Christmas Is About Hope In The Midst Of Messed Up Plans

December 3, 2006

Advent Series 1

Here it comes!  The Christmas rush!  The Holiday season.  Big events.  Big plans.  Plans to make Christmas special for your family.  Plans to celebrate the holidays with your friends, Plans for company.  Plans to getting gifts and making food.  Plans to decorate and celebrate.  Plans, plans, plans.  But honestly, don’t many of our Christmas season plans get messed up every year?  No matter how well you have things planned out, some of your hopes and dreams of having the “perfect Christmas” are going to get derailed.  Christmas is all about messed up plans!

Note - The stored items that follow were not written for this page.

-- ===== src/WorkspaceAssets/Logs.antt =====
-- modules/file_mgr/dataset.rs: the revision is written before the bytes; deletes of logs leave both.
use al.Prelude.{
  ◌≡◌, inr, refl, ◌∙◌, ap₂, Bool, false, not, Option, none, some, List, [], ◌∷◌, arith,
}
use al.Common.AssetPath.{AssetPath, components}
use al.Effects.{Fate}
use al.Effects.Triples.{Holds, Holds-bind, Holds-bind_same, Holds-ok_or, Holds-ensure, Holds-mono}
use al.WorkspaceAssets.{
  Bytes, AssetTree, datasets, converters, training_logs, converter_logs, dir_name, accepts_uploads,
  build_delete_target,
}
use al.WorkspaceAssets.Mutations.{
  start_async_tree_delete, Workspace, make_dirs, is_prefix, rename_out, Delete,
  start_async_log_delete, delete_in, start_workspace_asset_delete,
}
use al.WorkspaceAssets.Revisions.{
  Advanced, seen_of, seen, SameAssets, Later, Ordered, Ordered-Later,
}
use al.Prelude.Texts.{same_text}
use al.WorkspaceAssets.Keeps.{write_tombstone-Keeps, stage_payload-Keeps, recreate-Keeps}
use al.WorkspaceAssets.Commits.{admit_delete-Same, start_async_tree_delete-Advanced}

other_tree :
    (x y : AssetTree)
    → accepts_uploads x ≡ not (accepts_uploads y)
    → same_text (dir_name x) (dir_name y) ≡ false
unfolding accepts_uploads dir_name same_text
other_tree datasets datasets e = absurd cc
other_tree datasets converters e = absurd cc
other_tree datasets training_logs e = refl
other_tree datasets converter_logs e = refl
other_tree converters datasets e = absurd cc
other_tree converters converters e = absurd cc
other_tree converters training_logs e = refl
other_tree converters converter_logs e = refl
other_tree training_logs datasets e = refl
other_tree training_logs converters e = refl
other_tree training_logs training_logs e = absurd cc
other_tree training_logs converter_logs e = absurd cc
other_tree converter_logs datasets e = refl
other_tree converter_logs converters e = refl
other_tree converter_logs training_logs e = absurd cc
other_tree converter_logs converter_logs e = absurd cc

target_lem :
    (tree : AssetTree) (sub : Option AssetPath)
    → (below : List Bytes) × (build_delete_target tree sub ≡ dir_name tree ∷ below)
unfolding build_delete_target
target_lem tree none = ([], refl)
target_lem tree (some rel) = (components rel, refl)

rename_out-SameAssets :
    (log : AssetTree) (sub : Option AssetPath) (s : Workspace)
    → accepts_uploads log ≡ false
    → SameAssets s (rename_out (build_delete_target log sub) s)
unfolding SameAssets rename_out is_prefix
rename_out-SameAssets log sub s e tree rest e' =
    let (below, is) = target_lem log sub in rw (is, other_tree log tree (rw (e, e') refl)) refl

make_dirs-SameAssets :
    (log : AssetTree) (sub : Option AssetPath) (s : Workspace)
    → accepts_uploads log ≡ false
    → SameAssets s (make_dirs (build_delete_target log sub) s)
unfolding SameAssets make_dirs is_prefix
make_dirs-SameAssets log sub s e tree rest e' =
    let (below, is) = target_lem log sub in rw (is, other_tree tree log (rw (e, e') refl)) refl

pub SameAssets-trans : (a b c : Workspace) → SameAssets a b → SameAssets b c → SameAssets a c
unfolding SameAssets
SameAssets-trans a b c h k tree rest e = h tree rest e ∙ k tree rest e

module _ (a : Workspace) (o : Ordered a) where
  -- Both revisions and the assets are as they were.
  pub record Untouched (s : Workspace) : Type 0 where
    cell : s.cached ≡ a.cached
    revision : s.revision ≡ a.revision
    assets : SameAssets a s

  Untouched-Later : (s : Workspace) → Untouched s → Later a s
  unfolding seen
  Untouched-Later s u =
      let same : seen s ≡ seen a = ap₂ seen_of u.cell u.revision in
      record {
        ordered = rw (same, u.revision) o.ordered;
        near = rw (same, u.revision) o.near;
        sees = rw same (omega arith);
        grows = rw u.revision (omega arith);
        marked = inr (inr u.assets);
      }

  Untouched-content :
      (s t : Workspace)
      → Untouched s
      → t.cached ≡ s.cached
      → t.revision ≡ s.revision
      → SameAssets s t
      → Untouched t
  Untouched-content s t u cell revision assets = record {
    cell = cell ∙ u.cell;
    revision = revision ∙ u.revision;
    assets = SameAssets-trans a s t u.assets assets;
  }

  start_async_log_delete-Later :
      (admitted producer_active : Bool) (tree : AssetTree) (sub : Option AssetPath)
      (fates : List Fate)
      → accepts_uploads tree ≡ false
      → Holds
          (λ _. Later a)
          (Later a)
          (start_async_log_delete admitted producer_active tree sub
            (record { state = a; fates = fates }))
  unfolding start_async_log_delete rename_out make_dirs SameAssets
  start_async_log_delete-Later admitted producer_active tree sub fates log =
      let X = Later a in
      let x = Ordered-Later a o in
      let U = Untouched in
      let out : (s : Workspace) → U s → U (rename_out (build_delete_target tree sub) s) =
        λ s u. Untouched-content s _ u refl refl (rename_out-SameAssets tree sub s log) in
      let made : (s : Workspace) → U s → U (make_dirs (build_delete_target tree sub) s) =
        λ s u. Untouched-content s _ u refl refl (make_dirs-SameAssets tree sub s log) in
      let start : U a = record { cell = refl; revision = refl; assets = λ tree rest e. refl } in
      Holds-mono (λ _. U) (λ _. X) X X _ (λ _. Untouched-Later) (λ s h. h)
        (Holds-bind_same X a _ _ _ _ (Holds-ensure X _ _ _ x) (λ _ fates _.
          Holds-bind_same X a _ _ _ _ (Holds-ensure X _ _ _ x) (λ _ fates _.
            Holds-bind_same X a _ _ _ _ (admit_delete-Same a o admitted tree sub fates)
              (λ _ fates _.
                Holds-bind X (λ _. U) _ _ _ (write_tombstone-Keeps a o U Untouched-Later _ start)
                  (λ _ w u.
                    Holds-bind X (λ _. U) _ _ _
                      (stage_payload-Keeps a o U Untouched-Later _ w u out)
                      (λ _ w u. recreate-Keeps a o U Untouched-Later _ sub w u made))))))

  tree_delete-Later :
      (admitted : Bool) (tree : AssetTree) (sub : Option AssetPath) (fates : List Fate)
      → Holds
          (λ _. Later a)
          (Later a)
          (start_async_tree_delete admitted tree sub (record { state = a; fates = fates }))
  tree_delete-Later admitted tree sub fates =
      let X = Later a in
      let Q : Unit → Workspace → Type 0 = λ _ s. Advanced a (seen s) s in
      Holds-mono Q (λ _. X) X X _ (λ _ s h. h.later) (λ s h. h)
        (start_async_tree_delete-Advanced a o admitted tree sub fates)

  delete_in-Later :
      (d : Delete) (tree : AssetTree) (sub : Option AssetPath) (fates : List Fate)
      → Holds (λ _. Later a) (Later a) (delete_in d tree sub (record { state = a; fates = fates }))
  unfolding delete_in accepts_uploads
  delete_in-Later d datasets sub fates = tree_delete-Later d.admitted datasets sub fates
  delete_in-Later d converters sub fates = tree_delete-Later d.admitted converters sub fates
  delete_in-Later d training_logs sub fates =
      start_async_log_delete-Later d.admitted _ training_logs sub fates refl
  delete_in-Later d converter_logs sub fates =
      start_async_log_delete-Later d.admitted _ converter_logs sub fates refl

  pub start_workspace_asset_delete-Later :
      (d : Delete) (fates : List Fate)
      → Holds
          (λ _. Later a)
          (Later a)
          (start_workspace_asset_delete d (record { state = a; fates = fates }))
  unfolding start_workspace_asset_delete
  start_workspace_asset_delete-Later d fates =
      let X = Later a in
      let x = Ordered-Later a o in
      Holds-bind_same X a _ _ _ _ (Holds-ok_or X _ _ _ x) (λ parsed fates _.
        Holds-bind_same X a _ _ _ _ (Holds-ensure X _ _ _ x)
          (λ _ fates _. delete_in-Later d parsed.0 parsed.1 fates))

There is a trend that is taking place all over the world.  The birth rate is dropping.  From North America to Europe to Japan, women are having significantly less babies.  Why?  Lots of reasons.  More and more women are waiting until later in life to start having children so they can pursue careers.  The cost of raising children is also going up.  It’s supposed to take $200,000 to raise a child today from birth to 18!  Also, since government takes care of senior citizens with pensions today, people aren’t having children in order to take care of them in their old age.

The fact is that women are having fewer children than ever before.  And so, more and more women have found themselves with unplanned pregnancies – unwanted because it messed up their plans.  It messed up their educational plans, career plans, and financial plans.  But this is nothing new!  Our text takes us back in time 2000 years as a young woman discovers she has an unplanned pregnancy that was about to mess up her plans.   Read Luke 1:26-38.

About nine months before the first Christmas, God intervened in human affairs and radically altered Mary’s plans with an unwanted gift.  She was planning on marrying Joseph, a descendant of David, who was a carpenter in Nazareth.  Matthew tells us he was a righteous man (1:19).  He was not rich, but would be able to take care of her.  Marry planned on getting married, having children, and raising a family.  It was a good plan.  It was a comfortable plan.

But then God came along and messed the whole thing up.  He sent an angel to get her attention and said, “Mary, I know that you have your plans in place and everything is on schedule, but I have a different idea.  Before you and Joseph get married, you are going to become pregnant and, guess what?  Joseph is not going to be the father.  I am.”  Talk about messed up plans!  Imagine that, brides!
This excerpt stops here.